Mixing Paint in the Earliest Days- Blombos Cave



How did people make paint in the early days? Well, there's the ochre which I discussed in my last post that gives the color (yellow, orange, red or brown), but how to get it to stick to yourself or the wall? According to finds in the Blombos Cave in South Africa, 100,000 years ago some of our earliest ancestors did it by grinding up the ochre, mixing it with some melted bone marrow fat and adding a dash of urine.

The paint might have been put on skin as an early form of insect repellent, or as a decoration, but we have no way of knowing exactly what the paint's intended purpose was.
New Scientist Default ImageInside the cave, Christopher Henshilwood of the University of the Witwatersrand in Johannesburg, South Africa, and his team found tools and two abalone shells that were used for mixing and storing the paint. Alongside one of them were quartzite stones used to hammer and grind ochre to a powder, and animal bones used to stir the powder with other materials, which included bone, charcoal, quartz fragments and other stones.
http://www.thefridaypost.com/index.php/oldest-artists-workshop-in-the-world-discovered/

The shell pictured above is not only one of the first containers for paint ever found, it is also one of the earliest containers of any kind. We have yet to discover any older containers, and it was tens of thousands of years before anyone was making pottery.

This is the "oldest known drawing by human hands," where you can see red ochre smeared on the wall



This is a piece of ochre, and you can see that someone engraved lines on the side of it.


Ochre Stone, (Source: http://www.visual-arts-cork.com/earliest-art ...

What do these markings mean? Are the decorative, or do they communicate in some way? This is another question we don't know the answer to. Determining cognitive complexity and function, let alone something's purpose in such ancient days is very hard. There are not a lot of materials that have been preserved down to us. Sub Saharan Africa is also not as well excavated as some other places in the world. Each passing year, however, scientists are discovering more and more hints about how human thinking emerged.

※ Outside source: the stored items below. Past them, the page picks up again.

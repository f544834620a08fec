-- ===== src/OperatorReply/Dispatch.antt =====
-- The dispatch of queued operator replies, of
-- supabase/functions/_shared/whatsappOperatorReplyDispatch.ts and whatsappProviderAcceptance.ts. The
-- queue's RPCs and the provider are parameters; one store is threaded through all their calls.
pub mod Settlement
pub mod Consume
mod Tests
use oasis_supabase_core.Prelude.{
  ℕ, zero, suc, ◌+◌, Bool, true, false, ◌&&◌, ◌||◌, not, Option, none, some, List, [], ◌∷◌, ◌++◌,
  Text, codes, text_eq, trim, nonempty, starts_with, decimal, take, leb, ◌==◌, if◌then◌else◌,
}
use oasis_supabase_core.Prelude.Json.{
  Json, undefined, null, boolean, number, string, array, object, as_text, get,
}
use oasis_supabase_core.OperatorReply.Delivery.{Reply, gives, fails, rejects}
use oasis_supabase_core.OperatorReply.Reconcile.{string_or_empty}

pub record OperatorReplyRow : Type 0 where
  pub id : Text
  pub lease_token : Text
  pub message_type : Text
  pub recipient_phone_e164 : Text
  pub message_body : Text
  pub template_name : Option Text
  pub template_language : Option Text
  pub message_origin : Text
  pub status : Text

-- an `OperatorReplyDispatchError` with its code, or another error
pub data Attempt {ℓ} (A : Type ℓ) : Type ℓ where
  ok : A → Attempt A
  dispatch_error : Text → Attempt A
  other_error : Attempt A

-- `String(value ?? fallback)`
string_or : Text → Json → Text
unfolding string_or_empty
string_or fallback undefined = fallback
string_or fallback null = fallback
string_or fallback v = string_or_empty v

text_field : Text → Json → Text
unfolding get as_text
text_field key row = elim (as_text (get key row)) [ none ↦ [] | some s ↦ s ]

unfoldable pub parse_claim_row : Json → Option OperatorReplyRow
unfolding text_field string_or get as_text
parse_claim_row row =
    let id = text_field (codes "id") row in
    let token = text_field (codes "lease_token") row in
    if not (nonempty id) || not (nonempty token)
    then none
    else some (record {
      id = id;
      lease_token = token;
      message_type = string_or (codes "TEXT") (get (codes "message_type") row);
      recipient_phone_e164 = string_or [] (get (codes "recipient_phone_e164") row);
      message_body = string_or [] (get (codes "message_body") row);
      template_name = as_text (get (codes "template_name") row);
      template_language = as_text (get (codes "template_language") row);
      message_origin = string_or (codes "STAFF") (get (codes "message_origin") row);
      status = string_or [] (get (codes "status") row);
    })

-- The body of the provider call, to a number.
pub data ProviderPayload : Type 0 where
  template : Text → Option Text → Option Text → ProviderPayload
  message : Text → Text → ProviderPayload

-- `replace(/^\+/, "")`
without_plus : Text → Text
without_plus [] = []
without_plus (c ∷ s) = if c == b'+' then s else c ∷ s

unfoldable pub build_provider_payload : OperatorReplyRow → ProviderPayload
unfolding without_plus
build_provider_payload row =
    let to = without_plus row.recipient_phone_e164 in
    if text_eq row.message_type (codes "TEMPLATE")
    then template to row.template_name row.template_language
    else message to row.message_body

-- A text that is not blank, or a finite number.
id_candidate : Json → Option Text
id_candidate (string s) = if nonempty (trim s) then some s else none
id_candidate (number n) =
    if text_eq n (codes "Infinity") || text_eq n (codes "-Infinity") then none else some n
id_candidate _ = none

first_some : List Json → Option Text
unfolding id_candidate
first_some [] = none
first_some (v ∷ vs) =
    let rest = first_some vs in elim (id_candidate v) [ none ↦ rest | some id ↦ some id ]

unfoldable pub select_click2api_provider_message_id : Json → Option Text
unfolding first_some get
select_click2api_provider_message_id body =
    let nested = get (codes "message") body in
    first_some (
      get (codes "message_id") body
      ∷ get (codes "id") body
      ∷ get (codes "queue_id") body
      ∷ get (codes "message_id") nested
      ∷ get (codes "id") nested
      ∷ get (codes "queue_id") nested
      ∷ [])

pub record FailArgs : Type 0 where
  pub reply_id : Text
  pub lease_token : Text
  pub error_code : Text
  pub error_detail : Text
  pub acceptance_unknown : Bool

pub record CompleteArgs : Type 0 where
  pub reply_id : Text
  pub lease_token : Text
  pub provider_message_id : Text

-- How the provider call ends: no answer within the time, or an HTTP status with a body, which is an
-- empty object when it is no JSON.
pub data Fetched : Type 0 where
  network_error : Text → Fetched
  response : ℕ → Json → Fetched

pub record Queue {ℓ} (Db : Type ℓ) : Type ℓ where
  pub api_key : Option Text
  pub claim : Text → Db → Reply Json × Db
  pub fail : FailArgs → Db → Reply (Unit {0}) × Db
  pub complete : CompleteArgs → Db → Reply Json × Db
  pub fetch : ProviderPayload → Db → Fetched × Db
  pub stringify : Json → Text

pub record DispatchOutcome : Type 0 where
  pub provider_message_id : Text
  pub status : Text

unfoldable pub is_ok_status : ℕ → Bool
is_ok_status n = leb 200 n && leb n 299

abbrev present : Option Text → Bool
present none = false
present (some s) = nonempty s

abbrev trimmed_present : Option Text → Bool
trimmed_present none = false
trimmed_present (some s) = nonempty (trim s)

-- `rpcOrThrow`
unfoldable pub rpc_or_throw {ℓ} : {A : Type ℓ} → Text → Reply A → Attempt A
rpc_or_throw label (gives a) = ok a
rpc_or_throw label (fails _ _) = dispatch_error label
rpc_or_throw label (rejects _) = other_error

-- what follows an awaited call
unfoldable pub then_return {ℓ κ} :
    {A : Type ℓ} {B : Type κ} → Attempt A → (A → Attempt B) → Attempt B
then_return (ok a) f = f a
then_return (dispatch_error e) f = dispatch_error e
then_return other_error f = other_error

module _ {ℓ} {Db : Type ℓ} (queue : Queue Db) where
  open queue use {api_key, claim, fail, complete, fetch, stringify}

  unfoldable pub claim_next_operator_reply : Text → Db → Attempt (Option OperatorReplyRow) × Db
  unfolding rpc_or_throw then_return
  claim_next_operator_reply worker s =
      let answer = claim worker s in
      (
        then_return (rpc_or_throw (codes "CLAIM_FAILED") answer.0)
            (λ row. ok (parse_claim_row row)),
        answer.1,
      )

  unfoldable pub fail_row :
      OperatorReplyRow → Text → Text → Text → Bool → Db → Attempt (Unit {0}) × Db
  unfolding rpc_or_throw
  fail_row row label code detail unknown s =
      let answer =
        fail
          (record {
            reply_id = row.id;
            lease_token = row.lease_token;
            error_code = code;
            error_detail = detail;
            acceptance_unknown = unknown;
          })
          s in
      (rpc_or_throw label answer.0, answer.1)

  outcome : Text → Text → Attempt DispatchOutcome
  outcome id status = ok (record { provider_message_id = id; status = status })

  or_text : Text → Text → Text
  or_text [] fallback = fallback
  or_text (c ∷ s) fallback = c ∷ s

  rejected_code : Bool → ℕ → Text
  rejected_code true status = codes "HTTP_" ++ (decimal status ++ codes "_NO_PROVIDER_ID")
  rejected_code false status = codes "HTTP_" ++ decimal status

  -- the provider's answer without an acceptance
  unfoldable pub reject_row : OperatorReplyRow → ℕ → Json → Db → Attempt DispatchOutcome × Db
  unfolding fail_row then_return outcome or_text rejected_code is_ok_status
  reject_row row status body s =
      let unknown = is_ok_status status in
      let answer =
        fail_row row (codes "FAIL_PROVIDER") (rejected_code unknown status)
          (or_text (take 2000 (stringify body)) (codes "Provider rejected request")) unknown s in
      (
        then_return answer.0 (λ _.
            outcome [] (if unknown then codes "ACCEPTANCE_UNKNOWN" else codes "FAILED_RETRYABLE")),
        answer.1,
      )

  -- reading the status of `null` throws
  accepted_outcome : Text → Json → Attempt DispatchOutcome
  unfolding outcome string_or get
  accepted_outcome id undefined = other_error
  accepted_outcome id null = other_error
  accepted_outcome id completed =
      outcome id (string_or (codes "ACCEPTED") (get (codes "status") completed))

  unfoldable pub complete_row : OperatorReplyRow → Text → Db → Attempt DispatchOutcome × Db
  unfolding rpc_or_throw then_return accepted_outcome
  complete_row row id s =
      let answer =
        complete
          (record { reply_id = row.id; lease_token = row.lease_token; provider_message_id = id })
          s in
      (
        then_return (rpc_or_throw (codes "COMPLETE_FAILED") answer.0)
            (λ completed. accepted_outcome id completed),
        answer.1,
      )

  unfoldable pub answered :
      OperatorReplyRow → ℕ → Json → Option Text → Db → Attempt DispatchOutcome × Db
  answered row status body none s = reject_row row status body s
  answered row status body (some id) s =
      if is_ok_status status then complete_row row id s else reject_row row status body s

  unfoldable pub settle_fetched : OperatorReplyRow → Fetched → Db → Attempt DispatchOutcome × Db
  unfolding then_return outcome
  settle_fetched row (network_error detail) s =
      let answer = fail_row row (codes "FAIL_NETWORK") (codes "NETWORK_TIMEOUT") detail true s in
      (then_return answer.0 (λ _. outcome [] (codes "ACCEPTANCE_UNKNOWN")), answer.1)
  settle_fetched row (response status body) s =
      answered row status body (select_click2api_provider_message_id body) s

  unfoldable pub dispatch_claimed_operator_reply :
      OperatorReplyRow → Db → Attempt DispatchOutcome × Db
  unfolding then_return
  dispatch_claimed_operator_reply row s =
      if not (present api_key)
      then (let answer =
            fail_row row (codes "FAIL_NOT_CONFIGURED") (codes "PROVIDER_NOT_CONFIGURED")
              (codes "CLICK2API_API_KEY absent") false s in
          (then_return answer.0 (λ _. dispatch_error (codes "PROVIDER_NOT_CONFIGURED")), answer.1))
      else let fetched = fetch (build_provider_payload row) s in
        settle_fetched row fetched.0 fetched.1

An important aspect remember is that things do not happen in a simple, straight line. One piece of trivia many people have heard of is how Western Civilization forgot the recipe for concrete after the fall of the Roman Empire, and it had to be rediscovered later. This the type of thing that happened all throughout history- there are periods of technological advancement, and then movement in different directions and different places, and sometimes the loss of a technology for a time and its rediscovery later. These simple truths of being human, and our constant changeability as a species over time, adds to the difficulty of being able to present a simple progression of the evolution of our mental complexity.

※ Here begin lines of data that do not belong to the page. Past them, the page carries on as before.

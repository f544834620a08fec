-- ===== src/Packet.antt =====
-- supabase/functions/whatsapp-packet-ai-worker/index.ts: the messages of a packet, and the checks on
-- packets above the legacy size.
pub mod Content
pub mod Complete
pub mod Answer
pub mod Provider
pub mod Queue
pub mod Run
pub mod Request
pub mod Consumer
mod Tests
use oasis_supabase_core.Prelude.{
  ℕ, suc, ◌+◌, ◌-◌, Bool, true, false, ◌&&◌, ◌||◌, not, Option, none, some, List, [], ◌∷◌, ◌++◌,
  Text, codes, text_eq, nonempty, any, to_upper, list_contains, distinct, decimal, take, length,
  ltb, leb, ◌==◌, if◌then◌else◌,
}
use oasis_supabase_core.Prelude.Json.{Json, get}
use oasis_supabase_core.Prelude.Exec.{Result, ok, thrown}
use oasis_supabase_core.Interpret.{safe_string}

abbrev pub legacy_packet_messages : ℕ
legacy_packet_messages = 16

abbrev pub max_packet_messages : ℕ
max_packet_messages = 32

abbrev pub media_phase_budget_ms : ℕ
media_phase_budget_ms = 25000

abbrev pub max_image_bytes : ℕ
max_image_bytes = 8388608

abbrev pub max_media_bytes : ℕ
max_media_bytes = 15728640

abbrev pub max_packet_media_bytes : ℕ
max_packet_media_bytes = 25165824

unfoldable pub media_types : List Text
media_types = codes "image" ∷ codes "audio" ∷ codes "video" ∷ codes "document" ∷ []

image_mime : List Text
image_mime = codes "image/jpeg" ∷ codes "image/png" ∷ codes "image/webp" ∷ codes "image/gif" ∷ []

audio_mime : List Text
audio_mime =
    codes "audio/mpeg"
    ∷ codes "audio/mp3"
    ∷ codes "audio/mp4"
    ∷ codes "audio/x-m4a"
    ∷ codes "audio/ogg"
    ∷ codes "audio/wav"
    ∷ codes "audio/x-wav"
    ∷ codes "audio/webm"
    ∷ []

video_mime : List Text
video_mime = codes "video/mp4" ∷ codes "video/webm" ∷ codes "video/quicktime" ∷ []

-- `MIME_ALLOWLIST_BY_TYPE`
unfoldable pub mime_allowlist : Text → Option (List Text)
unfolding image_mime audio_mime video_mime
mime_allowlist type =
    if text_eq type (codes "image")
    then some image_mime
    else if text_eq type (codes "audio")
    then some audio_mime
    else if text_eq type (codes "video")
    then some video_mime
    else if text_eq type (codes "document")
    then some (codes "application/pdf" ∷ [])
    else none

check_mime : Text → Text → Option (List Text) → Result (Unit {0})
check_mime type mime none = ok tt
check_mime type mime (some allowed) =
    if list_contains allowed mime
    then ok tt
    else thrown (codes "UNSUPPORTED_" ++ (to_upper type ++ codes "_TYPE"))

unfoldable pub validate_mime : Text → Text → Result (Unit {0})
unfolding check_mime
validate_mime type mime = check_mime type mime (mime_allowlist type)

unfoldable pub max_bytes : Text → ℕ
max_bytes type = if text_eq type (codes "image") then max_image_bytes else max_media_bytes

pub record LoadedMessage : Type 0 where
  pub provider_message_id : Text
  pub content : Text
  pub message_type : Text
  pub media_url : Text
  pub timestamp : Text

unfoldable pub is_media : LoadedMessage → Bool
is_media m = list_contains media_types m.message_type

or_text : Text → Text → Text
or_text [] d = d
or_text (c ∷ s) d = c ∷ s

-- a row of `whatsapp_messages`, in its bounded form
unfoldable pub message_of : (Text → Text) → Json → LoadedMessage
unfolding or_text
message_of to_lower_case row = record {
  provider_message_id = safe_string (get (codes "provider_message_id") row) 240;
  content = safe_string (get (codes "content") row) 6000;
  message_type =
      or_text (to_lower_case (safe_string (get (codes "message_type") row) 40)) (codes "text");
  media_url = safe_string (get (codes "media_url") row) 5000;
  timestamp = safe_string (get (codes "message_timestamp") row) 80;
}

-- `.map(...).filter((row) => Boolean(row.providerMessageId))`
unfoldable pub messages_of : (Text → Text) → List Json → List LoadedMessage
messages_of to_lower_case [] = []
messages_of to_lower_case (row ∷ rows) =
    let rest = messages_of to_lower_case rows in
    let m = message_of to_lower_case row in
    if nonempty m.provider_message_id then m ∷ rest else rest

unfoldable pub assert_packet_message_count : ℕ → Result (Unit {0})
assert_packet_message_count n =
    if ltb max_packet_messages n then thrown (codes "INTERPRETATION_PACKET_TOO_LARGE") else ok tt

lacks_id : Json → Bool
lacks_id row = not (nonempty (safe_string (get (codes "provider_message_id") row) 240))

unfoldable pub assert_provider_ids_present : List Json → Result (Unit {0})
unfolding lacks_id
assert_provider_ids_present rows =
    if leb (length rows) legacy_packet_messages
    then ok tt
    else if any lacks_id rows
    then thrown (codes "PACKET_MESSAGE_ID_MISSING")
    else ok tt

-- `Map<string, number>`, with `get(id) ?? 0`
abbrev pub Counts : Type 0
Counts = Text → ℕ

unfoldable pub set_count : Counts → Text → ℕ → Counts
set_count counts id n = λ k. if text_eq k id then n else counts k

unfoldable pub count_processed : Counts → List Text → Counts
count_processed counts [] = counts
count_processed counts (id ∷ ids) = count_processed (set_count counts id (counts id + 1)) ids

unfoldable pub media_of : List LoadedMessage → List LoadedMessage
media_of [] = []
media_of (m ∷ ms) = let rest = media_of ms in if is_media m then m ∷ rest else rest

-- the filter whose test takes one from a count
unfoldable pub missing_from : Counts → List LoadedMessage → List LoadedMessage
missing_from counts [] = []
missing_from counts (m ∷ ms) =
    let lost = m ∷ missing_from counts ms in
    let found =
      missing_from (set_count counts m.provider_message_id (counts m.provider_message_id - 1)) ms in
    if counts m.provider_message_id == 0 then lost else found

unfoldable pub join : Text → List Text → Text
join sep [] = []
join sep (x ∷ []) = x
join sep (x ∷ y ∷ xs) = x ++ (sep ++ join sep (y ∷ xs))

with_reasons : Text → Text
with_reasons [] = []
with_reasons (c ∷ s) = codes " reasons=" ++ (c ∷ s)

incomplete : List LoadedMessage → List LoadedMessage → List Text → Text
incomplete missing media failures =
    codes "OVERSIZED_PACKET_MEDIA_INCOMPLETE:missing="
    ++ (decimal (length missing)
        ++ (b'/'
            ∷ (decimal (length media)
                ++ with_reasons (join (codes ",") (take 3 (distinct [] failures))))))

unfoldable pub assert_oversized_media_complete :
    List LoadedMessage → List Text → List Text → Result (Unit {0})
unfolding incomplete with_reasons join
assert_oversized_media_complete messages processed failures =
    if leb (length messages) legacy_packet_messages
    then ok tt
    else let media = media_of messages in
      let missing = missing_from (count_processed (λ id. 0) processed) media in
      if ltb 0 (length missing) then thrown (incomplete missing media failures) else ok tt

The early paint workshop and picture are not the only treasures found in Blombos Cave. There were also tools, such as these Bifacial Points

marine sea shell beads

and faunal remains were found in the cave. Faunal remains showed that the early humans had a very varied diet. They would hunt large and small mammals and used a wide variety of plants. Blombos is "considered to represent greater ecological niche adaptation, a more diverse set of subsistence and procurements strategies, adoption of multi-step technology and manufacture of composite tools, stylistic elaboration, increased economic and social organisation and occurrence of symbolically mediated behaviour." (Wikipedia) In other words, the people who lived here:

Blombos.jpg

had complex enough minds to create multi stepped tools, mix multiple ingredients to make something new (paint), knew how to make the most of the environment they lived in, and may have placed symbolic meaning on some of their behavior. These are all traits that make them human, just as we are.

Sources
https://en.wikipedia.org/wiki/Blombos_Cave

Mckay, A. Engraved ochre from a Middle Stone Age context at Klein Kliphuis in the Western Cape of South Africa. 28 August 2007. https://www.academia.edu/235078/Engraved_ochre_from_a_Middle_Stone_Age_context_at_Klein_Kliphuis_in_the_Western_Cape_of_South_Africa Accessed April 8, 2020.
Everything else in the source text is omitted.